*EXERCISE DIRECTIONS*: Copy out the lines of the material that include the string "List".

*PROVIDED ENTRIES*:

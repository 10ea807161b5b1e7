-- ===== src/Fetch/Body.antt =====
-- `_content_length`, `_validate_content_encoding`, `_classify_stream_error` and `_read_bounded` of
-- `feeds/feed_fetch.py`.
use daily_firehose.Common.{
  ℕ, ◌+◌, String, Bool, true, false, not, Option, none, some, List, [], ◌∷◌, ◌++◌, map, filter, any,
  length, ltb, str_eq, truthy, if◌then◌else◌, Result, ok, err,
}
use daily_firehose.Fetch.Wire.{
  FetchError, error_of, StreamEvent, chunk, broken, Response, Net, Env, Call, raise, answer, ◌>>=◌,
  ◌>>◌,
}
use daily_firehose.Fetch.Target.{check_deadline, lift}
pub mod Bounded

abbrev pub or_empty : Option String → String
or_empty none = ""
or_empty (some value) = value

abbrev pub classify_stream_error : Bool → Bool → FetchError
classify_stream_error true timeout = error_of "tls_failure" "Feed TLS connection failed."
classify_stream_error false true = error_of "timeout" "Feed request timed out."
classify_stream_error false false = error_of "network_failure" "Feed could not be downloaded."

abbrev pub is_over : ℕ → Option ℕ → Bool
is_over max_bytes none = false
is_over max_bytes (some length) = ltb max_bytes length

abbrev pub parsed_length : (String → Option ℕ) → Option String → Option ℕ
parsed_length int none = none
parsed_length int (some value) = int value

abbrev pub too_large : FetchError
too_large = error_of "response_too_large" "Feed response is too large."

module _ {W : Type 0} (env : Env W) where
  unfoldable pub encodings : Response → List String
  encodings r =
      map (λ e. env.lower (env.strip e))
        (filter truthy (env.split_comma (or_empty (r.header "Content-Encoding"))))

  unfoldable pub validate_content_encoding : Response → Result FetchError (Unit {0})
  validate_content_encoding r =
      if any (λ e. not (str_eq e "identity")) (encodings r)
      then err
          (error_of "unsupported_encoding" "Feed response used an unsupported content encoding.")
      else ok tt

  unfoldable pub content_length : Response → Option ℕ
  content_length r = parsed_length env.content_length (r.header "Content-Length")

  unfoldable pub check_length : ℕ → Response → Result FetchError (Unit {0})
  check_length max_bytes r = if is_over max_bytes (content_length r) then err too_large else ok tt

  -- The loop over the chunks; the bytes that it has joined are the bytes received. An empty chunk
  -- adds none, and the bytes received are within the limit already, so that it is skipped.
  unfoldable pub read_chunks : ℕ → ℕ → List StreamEvent → List ℕ → Call W (List ℕ)
  read_chunks max_bytes deadline [] received s = (ok received, s)
  read_chunks max_bytes deadline (broken tls timeout ∷ rest) received s =
      (err (classify_stream_error tls timeout), s)
  read_chunks max_bytes deadline (chunk bytes ∷ rest) received s =
      (check_deadline env deadline >>= λ _.
      if ltb max_bytes (length (received ++ bytes))
      then lift env (err too_large)
      else read_chunks max_bytes deadline rest (received ++ bytes))
        s

  abbrev pub nonempty : List ℕ → Result FetchError (List ℕ)
  nonempty [] = err (error_of "invalid_content" "Feed response was empty.")
  nonempty (b ∷ rest) = ok (b ∷ rest)

  unfoldable pub read_bounded : ℕ → ℕ → Response → Call W (List ℕ)
  read_bounded max_bytes deadline r = lift env (validate_content_encoding r) >>= λ _.
      lift env (check_length max_bytes r) >>= λ _. check_deadline env deadline >>= λ _.
      read_chunks max_bytes deadline r.stream [] >>= λ content. lift env (nonempty content)
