-- ===== src/Fetch/Wire/Laws.antt =====
-- Inversion and invariants of a chain of calls.
use daily_firehose.Common.{◌≡◌, refl, ◌∙◌, true, truthy, ℕ, String, Result, ok, err}
use daily_firehose.Fetch.Wire.{
  FetchError, feed_fetch_error, unicode_error, not_encodable, Env, Net, Call, continue, ◌>>=◌,
}

-- A `FeedFetchError` carries a code and a message; a `UnicodeError` is raised where the resolver
-- raises one, which is the type.
abbrev pub IsExplained : Type 0 → FetchError → Type 0
IsExplained Unencodable (feed_fetch_error code message) =
    (truthy code ≡ true) × (truthy message ≡ true)
IsExplained Unencodable unicode_error = Unencodable

-- What an outcome raises, if it raises, is explained.
abbrev pub Fails : {A : Type 0} → Type 0 → Result FetchError A → Type 0
Fails Unencodable (err e) = IsExplained Unencodable e
Fails Unencodable (ok a) = Unit

-- At some time, for some host and port, the resolver of the environment raised a `UnicodeError`.
abbrev pub RaisesUnicode : {W : Type 0} → Env W → Type 0
RaisesUnicode {W} env =
    (host : String) × (port : ℕ) × (w : W) × ((env.addresses host port w).0 ≡ not_encodable)

module _ {W A B : Type 0} where
  continue-eq-ok :
      (f : A → Call W B) (r : Result FetchError A × Net W) {b : B} {s' : Net W}
      → continue f r ≡ (ok b, s')
      → (a : A) × (s : Net W) × (r ≡ (ok a, s)) × (f a s ≡ (ok b, s'))
  continue-eq-ok f (err e, s) h = cc
  continue-eq-ok f (ok a, s) h = (a, s, refl, h)

  -- A chain that answers has a first call that does.
  pub >>=-eq-ok :
      (m : Call W A) (f : A → Call W B) (s : Net W) {b : B} {s' : Net W}
      → (m >>= f) s ≡ (ok b, s')
      → (a : A) × (t : Net W) × (m s ≡ (ok a, t)) × (f a t ≡ (ok b, s'))
  >>=-eq-ok m f s h = continue-eq-ok f (m s) h

  continue-Fails :
      (env : Env W) (f : A → Call W B) (r : Result FetchError A × Net W)
      → Fails (RaisesUnicode env) r.0
      → ((a : A) (s : Net W) → Fails (RaisesUnicode env) (f a s).0)
      → Fails (RaisesUnicode env) (continue f r).0
  continue-Fails env f (err e, s) h k = h
  continue-Fails env f (ok a, s) h k = k a s

  pub >>=-Fails :
      (env : Env W) (m : Call W A) (f : A → Call W B)
      → ((s : Net W) → Fails (RaisesUnicode env) (m s).0)
      → ((a : A) (s : Net W) → Fails (RaisesUnicode env) (f a s).0)
      → (s : Net W) → Fails (RaisesUnicode env) ((m >>= f) s).0
  >>=-Fails env m f h k s = continue-Fails env f (m s) (h s) k

  continue-sent :
      (f : A → Call W B) (r : Result FetchError A × Net W)
      → ((a : A) (s : Net W) → (f a s).1.sent ≡ s.sent)
      → (continue f r).1.sent ≡ r.1.sent
  continue-sent f (err e, s) k = refl
  continue-sent f (ok a, s) k = k a s

  -- A chain of calls that send nothing sends nothing.
  pub >>=-sent :
      (m : Call W A) (f : A → Call W B)
      → ((s : Net W) → (m s).1.sent ≡ s.sent)
      → ((a : A) (s : Net W) → (f a s).1.sent ≡ s.sent)
      → (s : Net W) → ((m >>= f) s).1.sent ≡ s.sent
  >>=-sent m f h k s = continue-sent f (m s) k ∙ h s
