-- ===== src/Fetch/Target/Allowed.antt =====
-- What a target that passes the check is.
use daily_firehose.Common.{
  ℕ, ◌<◌, ◌≡◌, refl, ap, ◌∙◌, String, true, false, Option, none, some, List, [], ◌∷◌, is_none,
  length, All, Bool-cases, Option-cases, inl, inr, arith, ok,
}
use daily_firehose.Fetch.Wire.{
  Lookup, found_addresses, os_error, not_encodable, UrlParts, Address, Net, Env, Call, call_lib,
  ◌>>=◌,
}
use daily_firehose.Fetch.Wire.Laws.{>>=-sent, >>=-eq-ok}
use daily_firehose.Fetch.Target.{
  check_deadline, is_http, effective_port, is_allowed_port, is_public, check_addresses, resolved,
  lift, resolve, check_port, check_parts, is_plain_http, validate_target,
}

module _ {W : Type 0} (env : Env W) where
  -- The text is an address of the public network, and neither multicast nor site-local.
  abbrev pub IsPublic : String → Type 0
  IsPublic a =
      (ip : Address) × (env.address a ≡ some ip)
      × (ip.is_global ≡ true)
      × (ip.is_multicast ≡ false)
      × (ip.is_site_local ≡ false)

  -- The target's URL has no credentials and one of the two ports, and at some time its host
  -- resolved to public addresses only.
  pub record IsAllowed (url : String) : Type 0 where
    pub parts : UrlParts
    pub split : env.split_url url ≡ some parts
    pub scheme : is_http env parts ≡ true
    pub no_username : is_none parts.username ≡ true
    pub no_password : is_none parts.password ≡ true
    pub port : is_allowed_port env (effective_port env parts parts.port) ≡ true
    pub host : String
    pub named : parts.hostname ≡ some host
    pub time : W
    pub found : List String
    pub resolves :
        (env.addresses host (effective_port env parts parts.port) time).0 ≡ found_addresses found
    pub some_address : 0 < length found
    pub public : All IsPublic found

  check_addresses-IsPublic :
      (found : List String) → check_addresses env found ≡ ok tt → All IsPublic found
  unfolding check_addresses
  check_addresses-IsPublic [] h = tt
  check_addresses-IsPublic (a ∷ rest) h = elim (Option-cases (env.address a)) [
    | inl q ↦ ground (arith, q, h)
    | inr (ip, q) ↦ elim (Bool-cases (is_public env ip)) [
      | inl k ↦
          let others : check_addresses env rest ≡ ok tt = ground (arith, q, h, k) in
          (
            (ip, q, ground (arith, k), ground (arith, k), ground (arith, k)),
            check_addresses-IsPublic rest others,
          )
      | inr k ↦ ground (arith, q, h, k)
    ]
  ]

  resolved-eq-ok :
      (o : Lookup) {found : List String}
      → resolved env o ≡ ok found
      → (o ≡ found_addresses found) × (0 < length found)
  resolved-eq-ok os_error h = cc
  resolved-eq-ok not_encodable h = cc
  resolved-eq-ok (found_addresses []) h = cc
  resolved-eq-ok (found_addresses (a ∷ rest)) {found} h = ground (arith, h)

  resolve-found :
      (host : String) (port : ℕ) (s s' : Net W)
      → resolve env host port s ≡ (ok tt, s')
      → (time : W) × (found : List String) × ((env.addresses host port time).0
          ≡ found_addresses found)
        × (0 < length found)
        × All IsPublic found
  resolve-found host port s s' h =
      let look : Call W Lookup = call_lib (env.addresses host port) in
      let check = λ (a : List String). lift env (check_addresses env a) in
      let (o, t, q, k) = >>=-eq-ok look (λ o. lift env (resolved env o) >>= check) s h in
      let (found, u, e, l) = >>=-eq-ok (lift env (resolved env o)) check t k in
      let (some_found, positive) = resolved-eq-ok o (ap (λ r. r.0) e) in
      let answered : (env.addresses host port s.world).0 ≡ o = ground (arith, q) in
      (
        s.world,
        found,
        answered ∙ some_found,
        positive,
        check_addresses-IsPublic found (ap (λ r. r.0) l),
      )

  check_port-found :
      (p : UrlParts) (o : Option String) (s s' : Net W)
      → check_port env p o s ≡ (ok tt, s')
      → (host : String) × (o ≡ some host)
        × (is_allowed_port env (effective_port env p p.port) ≡ true)
        × (resolve env host (effective_port env p p.port) s ≡ (ok tt, s'))
  check_port-found p none s s' h = cc
  check_port-found p (some host) s s' h =
      elim (Bool-cases (is_allowed_port env (effective_port env p p.port))) [
        | inr k ↦ ground (arith, k, h)
        | inl k ↦ (host, refl, k, ground (arith, k, h))
      ]

  check_parts-found :
      (o : Option UrlParts) (s s' : Net W)
      → check_parts env o s ≡ (ok tt, s')
      → (p : UrlParts) × (o ≡ some p)
        × (is_plain_http env p ≡ true)
        × (check_port env p p.hostname s ≡ (ok tt, s'))
  check_parts-found none s s' h = cc
  check_parts-found (some p) s s' h = elim (Bool-cases (is_plain_http env p)) [
    | inr k ↦ ground (arith, k, h)
    | inl k ↦ (p, refl, k, ground (arith, k, h))
  ]

  -- A target that passes the check is allowed.
  pub validate_target-IsAllowed :
      (url : String) (s s' : Net W) → validate_target env url s ≡ (ok tt, s') → IsAllowed url
  unfolding validate_target
  validate_target-IsAllowed url s s' h =
      let (p, split, plain, k) = check_parts-found (env.split_url url) s s' h in
      let (host, named, port, l) = check_port-found p p.hostname s s' k in
      let (time, found, resolves, positive, public) =
        resolve-found host (effective_port env p p.port) s s' l in
      record {
        parts = p;
        split = split;
        scheme = ground (arith, plain);
        no_username = ground (arith, plain);
        no_password = ground (arith, plain);
        port = port;
        host = host;
        named = named;
        time = time;
        found = found;
        resolves = resolves;
        some_address = positive;
        public = public;
      }

  -- The check sends no request.
  pub check_deadline-sent :
      (deadline : ℕ) (s : Net W) → (check_deadline env deadline s).1.sent ≡ s.sent
  unfolding check_deadline
  check_deadline-sent deadline s = ground arith

  resolve-sent : (host : String) (port : ℕ) (s : Net W) → (resolve env host port s).1.sent ≡ s.sent
  resolve-sent host port s =
      let look : Call W Lookup = call_lib (env.addresses host port) in
      let check : List String → Call W (Unit {0}) = λ a. lift env (check_addresses env a) in
      >>=-sent look (λ o. lift env (resolved env o) >>= check) (λ t. refl)
        (λ o. >>=-sent (lift env (resolved env o)) check (λ t. refl) (λ a t. refl)) s

  check_port-sent :
      (p : UrlParts) (o : Option String) (s : Net W) → (check_port env p o s).1.sent ≡ s.sent
  check_port-sent p none s = refl
  check_port-sent p (some host) s =
      elim (Bool-cases (is_allowed_port env (effective_port env p p.port))) [
        | inl k ↦ rw k (resolve-sent host (effective_port env p p.port) s)
        | inr k ↦ rw k refl
      ]

  pub validate_target-sent :
      (url : String) (s : Net W) → (validate_target env url s).1.sent ≡ s.sent
  unfolding validate_target
  validate_target-sent url s = elim (Option-cases (env.split_url url)) [
    | inl q ↦ rw q refl
    | inr (p, q) ↦ rw q (elim (Bool-cases (is_plain_http env p)) [
      | inl k ↦ rw k (check_port-sent p p.hostname s)
      | inr k ↦ rw k refl
    ])
  ]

*SOLUTION TO THE PROBLEM*:
  ℕ, ◌+◌, String, Bool, true, false, not, Option, none, some, List, [], ◌∷◌, ◌++◌, map, filter, any,
  unfoldable pub encodings : Response → List String
  unfoldable pub read_chunks : ℕ → ℕ → List StreamEvent → List ℕ → Call W (List ℕ)
  abbrev pub nonempty : List ℕ → Result FetchError (List ℕ)
  unfoldable pub read_bounded : ℕ → ℕ → Response → Call W (List ℕ)
  ℕ, ◌<◌, ◌≡◌, refl, ap, ◌∙◌, String, true, false, Option, none, some, List, [], ◌∷◌, is_none,
    pub found : List String
      (found : List String) → check_addresses env found ≡ ok tt → All IsPublic found
      (o : Lookup) {found : List String}
      → (time : W) × (found : List String) × ((env.addresses host port time).0
      let check = λ (a : List String). lift env (check_addresses env a) in
      let check : List String → Call W (Unit {0}) = λ a. lift env (check_addresses env a) in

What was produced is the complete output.